TEXT: SASCHA WESTPHAL
Mit den Baby-Boomern kam die Angst vor den Kindern. Seit den 1950-er Jahren hat das Horror-Kino von bösen Jungen und Mädchen phantasiert, die von purer Mordlust erfüllt sind oder als außerirdische Kuckuckskinder das Ende der Menschheit einleiten sollen. Diese Tradition greift Marius von Mayenburg in seinem Stück auf und verknüpft sie mit der hysterischen Angst einer Gesellschaft, die sich von Terroristen und anderen Bedrohungen umgeben sieht.

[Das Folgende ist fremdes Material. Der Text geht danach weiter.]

-- ===== src/Arrays/Drawn.antt =====
-- The numbers that a sequence of fetches yields, up to the first that fails, and the refinement of
-- the loop of `rdrand_get_uint64_array_retry`, with its moving pointer, to that sequence.
use rd_rand.Prelude.{
  ℕ, zero, suc, ◌+◌, ◌≤◌, ◌≡◌, ap, ◌∙◌, inl, inr, Bool-cases, List, [], ◌∷◌, arith, length, none,
  some, ℤ, pos, ◌==ℤ◌, true, false,
}
use rd_rand.Cpu.{Cpu, Build, Step, rdrand_success, rdrand_failure, rdrand64_step}
use rd_rand.Retry.{Fetch, retry, effective_limit, rdrand_get_uint64_retry}
use rd_rand.Memory.{Machine, store_bytes, le_bytes, words}
use rd_rand.Memory.Store.{store_bytes-append, length-le_bytes}
use rd_rand.Arrays.{uint64_array_loop, rdrand_get_uint64_array_retry}

-- Up to `count` numbers, from execution `t` of RDRAND on; `one` fetches the next of them.
unfoldable pub drawn : (ℕ → Fetch) → ℕ → ℕ → List ℕ
drawn one zero t = []
drawn one (suc count) t =
    let rest = drawn one count (one t).ticks in elim (one t).dest [ none ↦ [] | some x ↦ x ∷ rest ]

-- The number of executions when they have been fetched.
unfoldable pub drawn_ticks : (ℕ → Fetch) → ℕ → ℕ → ℕ
drawn_ticks one zero t = t
drawn_ticks one (suc count) t =
    let rest = drawn_ticks one count (one t).ticks in
    elim (one t).dest [ none ↦ (one t).ticks | some x ↦ rest ]

-- The machine after `bytes` were stored from `dest` on.
abbrev pub wrote : Machine → ℕ → List ℕ → ℕ → Machine
wrote m dest bytes ticks = record m { ticks = ticks; mem = store_bytes m.mem dest bytes }

pub length-drawn-le : (one : ℕ → Fetch) (count t : ℕ) → length (drawn one count t) ≤ count
unfolding drawn
length-drawn-le one zero t = omega arith
length-drawn-le one (suc count) t = ground (arith, length-drawn-le one count (one t).ticks)

module _ (one : ℕ → Fetch) (n t : ℕ) where
  pub drawn-some :
      {x : ℕ} → (one t).dest ≡ some x → drawn one (suc n) t ≡ x ∷ drawn one n (one t).ticks
  unfolding drawn
  drawn-some e = rw (drawn, e)

  pub drawn-none : (one t).dest ≡ none → drawn one (suc n) t ≡ []
  unfolding drawn
  drawn-none e = rw (drawn, e)

  pub drawn_ticks-some :
      {x : ℕ} → (one t).dest ≡ some x → drawn_ticks one (suc n) t ≡ drawn_ticks one n (one t).ticks
  unfolding drawn_ticks
  drawn_ticks-some e = rw (drawn_ticks, e)

  pub drawn_ticks-none : (one t).dest ≡ none → drawn_ticks one (suc n) t ≡ (one t).ticks
  unfolding drawn_ticks
  drawn_ticks-none e = rw (drawn_ticks, e)

module _ (build : Build) (cpu : Cpu) where
  abbrev one : ℕ → ℕ → Fetch
  one limit = rdrand_get_uint64_retry build cpu (pos limit)

  word : ℕ → ℕ → Step
  word limit = retry (rdrand64_step build cpu) rdrand_failure limit

  one-some :
      (limit t : ℕ)
      → ((word limit t).rc ==ℤ rdrand_success) ≡ true
      → (one limit t).dest ≡ some (word limit t).x
  unfolding rdrand_get_uint64_retry word
  one-some limit t e = rw e

  one-none :
      (limit t : ℕ) → ((word limit t).rc ==ℤ rdrand_success) ≡ false → (one limit t).dest ≡ none
  unfolding rdrand_get_uint64_retry word
  one-none limit t e = rw e

  one-ticks : (limit t : ℕ) → (one limit t).ticks ≡ (word limit t).ticks
  unfolding rdrand_get_uint64_retry word
  one-ticks limit t = ground arith

  stored_words :
      (m : Machine) (dest g x tick ticks : ℕ) (xs : List ℕ)
      → ◌≡◌ {A = ℕ × Machine}
          (g + 1 + length xs, wrote (wrote m dest (le_bytes 8 x) tick) (dest + 8) (words xs) ticks)
          (g + length (x ∷ xs), wrote m dest (words (x ∷ xs)) ticks)
  unfolding words
  stored_words m dest g x tick ticks xs =
      let e : g + 1 + length xs ≡ g + suc (length xs) = omega arith in
      rw (e, store_bytes-append m.mem dest (le_bytes 8 x) (words xs), length-le_bytes 8 x)

  module _ (limit left dest g : ℕ) (m : Machine) where
    abbrev r : Step
    r = word limit m.ticks

    loop-hit :
        (r.rc ==ℤ rdrand_success) ≡ true
        → uint64_array_loop build cpu limit (suc left) dest g m
          ≡ uint64_array_loop build cpu limit left
              (dest + 8)
              (g + 1)
              (wrote m dest (le_bytes 8 r.x) r.ticks)
    unfolding uint64_array_loop word
    loop-hit e = rw (uint64_array_loop, e)

    loop-miss :
        (r.rc ==ℤ rdrand_success) ≡ false
        → uint64_array_loop build cpu limit (suc left) dest g m ≡ (g, record m { ticks = r.ticks })
    unfolding uint64_array_loop word
    loop-miss e = rw (uint64_array_loop, e)

  wrote_nothing :
      (m : Machine) (dest g ticks : ℕ)
      → ◌≡◌ {A = ℕ × Machine}
          (g, record m { ticks = ticks })
          (g + length {A = ℕ} [], wrote m dest (words []) ticks)
  unfolding words store_bytes
  wrote_nothing m dest g ticks = let e : g + 0 ≡ g = omega arith in rw e

  uint64_array_loop-drawn :
      (limit left dest g : ℕ) (m : Machine)
      → uint64_array_loop build cpu limit left dest g m ≡ (
        g + length (drawn (one limit) left m.ticks),
        wrote m dest
            (words (drawn (one limit) left m.ticks))
            (drawn_ticks (one limit) left m.ticks),
      )
  uint64_array_loop-drawn limit zero dest g m =
      unfold uint64_array_loop drawn drawn_ticks in wrote_nothing m dest g m.ticks
  uint64_array_loop-drawn limit (suc left) dest g m =
      elim (Bool-cases ((word limit m.ticks).rc ==ℤ rdrand_success)) [
        | inl hit ↦
            rw
              (
                drawn-some (one limit) left m.ticks (one-some limit m.ticks hit),
                drawn_ticks-some (one limit) left m.ticks (one-some limit m.ticks hit),
                one-ticks limit m.ticks,
                loop-hit limit left dest g m hit,
              )
              (uint64_array_loop-drawn limit left (dest + 8) (g + 1) _
                ∙ stored_words m dest g _ (word limit m.ticks).ticks _ _)
        | inr miss ↦
            rw
              (
                drawn-none (one limit) left m.ticks (one-none limit m.ticks miss),
                drawn_ticks-none (one limit) left m.ticks (one-none limit m.ticks miss),
                one-ticks limit m.ticks,
                loop-miss limit left dest g m miss,
              )
              (wrote_nothing m dest g _)
      ]

  -- `rdrand_get_uint64_array_retry` stores at `dest` the numbers that repeated calls of
  -- `rdrand_get_uint64_retry` yield, up to `count` of them or to the first that fails, as consecutive
  -- 64-bit words; it returns how many these are, executes RDRAND as often as those calls, and changes
  -- nothing else.
  pub uint64_array-drawn :
      (dest count : ℕ) (retry_limit : ℤ) (m : Machine)
      → let next = rdrand_get_uint64_retry build cpu (pos (effective_limit retry_limit)) in
        rdrand_get_uint64_array_retry build cpu dest count retry_limit m ≡ (
          length (drawn next count m.ticks),
          wrote m dest (words (drawn next count m.ticks)) (drawn_ticks next count m.ticks),
        )
  uint64_array-drawn dest count retry_limit m =
      unfold rdrand_get_uint64_array_retry in
      uint64_array_loop-drawn (effective_limit retry_limit) count dest 0 m
      ∙ ap (λ n. (n, wrote m dest (words ds) (drawn_ticks next count m.ticks))) zero
    where
      next : ℕ → Fetch
      next = rdrand_get_uint64_retry build cpu (pos (effective_limit retry_limit))

      ds : List ℕ
      ds = drawn next count m.ticks

      zero : 0 + length ds ≡ length ds
      zero = omega arith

Ein Schuss ertönt. Ein Kind fällt zu Boden, neben die rote Lache, die da schon vorher einen Fleck bildete, als hätte sie nur auf den Tod und das Mädchen gewartet. Dann erklingt ein Geräusch, das sich anhört wie ein Film, der rückwärts läuft. Also steht das Mädchen wieder auf und verlässt die Bühne, wie sie gekommen ist. Die Zeit wird zurückgedreht. Es ist der irrwitzige Schlusspunkt einer Geschichte elterlicher Paranoia und wird für die Performance-Künstlerinnen Isabel Dorn und Verena Ries zum Ausgang für ihr »Treibhaus-Projekt nach Marius von Mayenburg«.
Für die namenlos bleibenden Eltern ist ihre zehnjährige Tochter Rätsel und Gefahr. Die Angst vor dem Kind, das sie nicht verstehen und folglich vernachlässigen, wächst. Als sich dann noch ein Vorfall am Einkaufszentrum ereignet, drehen die Eltern durch. Das Mädchen muss der Feind sein.

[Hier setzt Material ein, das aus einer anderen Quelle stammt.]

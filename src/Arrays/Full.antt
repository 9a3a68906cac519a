-- ===== src/Arrays/Full.antt =====
-- With a processor on which RDRAND never fails the array functions return `count`.
use rd_rand.Prelude.{
  ℕ, zero, suc, ◌+◌, ◌-◌, ◌*◌, ◌/◌, ◌%◌, ◌^◌, ◌<◌, ◌≡◌, refl, ap, ◌∙◌, arith, length, some, ℤ, pos,
  true, ltb, ltb→lt, if_elim,
}
use rd_rand.Cpu.{
  Cpu, Build, stub, intrinsics, asm_64, asm_32, Step, rdrand_success, rdrand_failure, rdrand32_step,
  rdrand64_step,
}
use rd_rand.Retry.{Fetch, fetch, retry_loop, retry, effective_limit, rdrand_get_uint64_retry}
use rd_rand.Memory.{Machine}
use rd_rand.Arrays.{
  u32, fill_words, rdrand_get_uint64_array_retry, rdrand_get_uint32_array_retry,
  rdrand_get_uint8_array_retry,
}
use rd_rand.Arrays.Drawn.{drawn, drawn-some, uint64_array-drawn}

-- Every execution of RDRAND sets the carry flag.
abbrev pub NeverFails : Cpu → Type 0
NeverFails cpu = (t w : ℕ) → (cpu t w).carry ≡ true

retry-step :
    (step : ℕ → Step) (limit t : ℕ)
    → (step t).rc ≡ rdrand_success
    → retry step rdrand_failure limit t ≡ step t
unfolding retry
retry-step step limit t ok = loop-step (limit - 1)
  where
    loop-step : (left : ℕ) → retry_loop step rdrand_failure left t ≡ step t
    loop-step zero = refl
    loop-step (suc left) = rw (retry_loop, ok)

length-drawn :
    (one : ℕ → Fetch)
    → ((t : ℕ) → (x : ℕ) × ((one t).dest ≡ some x))
    → (count t : ℕ) → length (drawn one count t) ≡ count
length-drawn one ok zero t = unfold drawn in refl
length-drawn one ok (suc count) t =
    ap length (drawn-some one count t (ok t).1) ∙ ap suc (length-drawn one ok count (one t).ticks)

module _ (cpu : Cpu) (never : NeverFails cpu) where
  step32-ok : (build : Build) (t : ℕ) → (rdrand32_step build cpu t).rc ≡ rdrand_success
  unfolding rdrand32_step
  step32-ok stub t = refl
  step32-ok intrinsics t = rw (never t 32)
  step32-ok asm_64 t = rw (never t 32)
  step32-ok asm_32 t = rw (never t 32)

  pub step64-ok : (build : Build) (t : ℕ) → (rdrand64_step build cpu t).rc ≡ rdrand_success
  unfolding rdrand64_step
  step64-ok stub t = refl
  step64-ok intrinsics t = rw (never t 64)
  step64-ok asm_64 t = rw (never t 64)
  step64-ok asm_32 t = ground (arith, never t 32, never (t + 1) 32)

module _ (build : Build) (cpu : Cpu) (never : NeverFails cpu) where
  retry64-ok :
      (limit t : ℕ) → (retry (rdrand64_step build cpu) rdrand_failure limit t).rc ≡ rdrand_success
  retry64-ok limit t =
      ap (λ r. r.rc) (retry-step (rdrand64_step build cpu) limit t (step64-ok cpu never build t))
      ∙ step64-ok cpu never build t

  retry32-ok :
      (limit t : ℕ) → (retry (rdrand32_step build cpu) rdrand_failure limit t).rc ≡ rdrand_success
  retry32-ok limit t =
      ap (λ r. r.rc) (retry-step (rdrand32_step build cpu) limit t (step32-ok cpu never build t))
      ∙ step32-ok cpu never build t

  uint64_retry-ok :
      (retry_limit : ℤ) (t : ℕ)
      → (x : ℕ) × ((rdrand_get_uint64_retry build cpu retry_limit t).dest ≡ some x)
  uint64_retry-ok retry_limit t = (
    (retry (rdrand64_step build cpu) rdrand_failure (effective_limit retry_limit) t).x,
    unfold rdrand_get_uint64_retry fetch effective_limit in
        rw (retry64-ok (effective_limit retry_limit) t),
  )

  pub uint64_array-full :
      (dest count : ℕ) (retry_limit : ℤ) (m : Machine)
      → (rdrand_get_uint64_array_retry build cpu dest count retry_limit m).0 ≡ count
  uint64_array-full dest count retry_limit m =
      ap (λ p. p.0) (uint64_array-drawn build cpu dest count retry_limit m)
      ∙ length-drawn _ (uint64_retry-ok _) count m.ticks

  fill_words-full :
      (per_word generated dest_64 count_64 limit total : ℕ) (m : Machine)
      → generated + per_word * count_64 ≡ total
      → total < 2 ^ 32
      → (fill_words build cpu per_word generated dest_64 count_64 limit m).0 ≡ total
  unfolding fill_words
  fill_words-full per_word generated dest_64 count_64 limit total m e small =
      ap (λ n. u32 (generated + u32 (per_word * n)))
        (uint64_array-full dest_64 count_64 (pos limit) m)
      ∙ omega arith

  pub uint8_array-full :
      (dest count : ℕ) (retry_limit : ℤ) (m : Machine)
      → count < 2 ^ 32
      → (rdrand_get_uint8_array_retry build cpu dest count retry_limit m).0 ≡ count
  unfolding rdrand_get_uint8_array_retry
  uint8_array-full dest count retry_limit m small =
      if_elim {A = ℕ × Machine} (λ p. p.0 ≡ count) (ltb 0 (count % 8))
        (λ _.
          rw (retry64-ok (effective_limit retry_limit) m.ticks)
            (fill_words-full 8 (count % 8) _ (count / 8) _ count _ (omega arith) small))
        (λ none_left. fill_words-full 8 0 _ (count / 8) _ count m (ground arith) small)

  uint32_array-full :
      (dest count : ℕ) (retry_limit : ℤ) (m : Machine)
      → count < 2 ^ 32
      → (rdrand_get_uint32_array_retry build cpu dest count retry_limit m).0 ≡ count
  unfolding rdrand_get_uint32_array_retry
  uint32_array-full dest count retry_limit m small =
      if_elim {A = ℕ × Machine} (λ p. p.0 ≡ count) (ltb 0 (count - 2 * (count / 2)))
        (λ some_left.
          rw (retry32-ok (effective_limit retry_limit) m.ticks) (
            fill_words-full 2 1 _ (count / 2) _ count _ (omega (arith, ltb→lt 0 _ some_left))
              small))
        (λ none_left. fill_words-full 2 0 _ (count / 2) _ count m (ground arith) small)

  -- With a processor on which RDRAND never fails, and in every build, the functions that fill arrays
  -- of 8-bit, 32-bit and 64-bit numbers return `count`.
  pub arrays_full :
      (dest count : ℕ) (retry_limit : ℤ) (m : Machine)
      → count < 2 ^ 32
      → ((rdrand_get_uint8_array_retry build cpu dest count retry_limit m).0 ≡ count)
        × ((rdrand_get_uint32_array_retry build cpu dest count retry_limit m).0 ≡ count)
        × ((rdrand_get_uint64_array_retry build cpu dest count retry_limit m).0 ≡ count)
  arrays_full dest count retry_limit m small = (
    uint8_array-full dest count retry_limit m small,
    uint32_array-full dest count retry_limit m small,
    uint64_array-full dest count retry_limit m,
  )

In der Aufführung des Jungen Düsseldorfer Schauspielhauses sind nur die Stimmen der Eltern (Verena Reichhardt, Florian Jahr) zu hören. Die Bühne gehört allein dem Kind, das von acht gecasteten Mädchen zwischen 13 und 16 Jahren gespielt wird. Den Texten der Erwachsenen setzen sie ihre ausgelassene, dann wieder traurige Performance entgegen, reagieren direkt auf die irrationale Abwehr, greifen mal übermütig zum Brotmesser oder verwandeln sich in Zombies und erfüllen somit das Bild von sich.
Das alles ist deutlich als Spiel markiert und erkennbar. Die Mädchen bestehen darauf, sich als Kinder wie Kinder verhalten zu dürfen. An diesem Behauptungswillen scheitern die Eltern, deren Wahrnehmung derart blockiert und verstellt ist, dass sie einem Scharfschützen der Polizei »Freie Sicht« verschaffen. Der Kreis schließt sich. Die Inszenierung setzt ein klares Zeichen, indem sie die Perspektive des Textes verschiebt und neu fokussiert. Hollywood lag falsch: Die Monster sind die Eltern.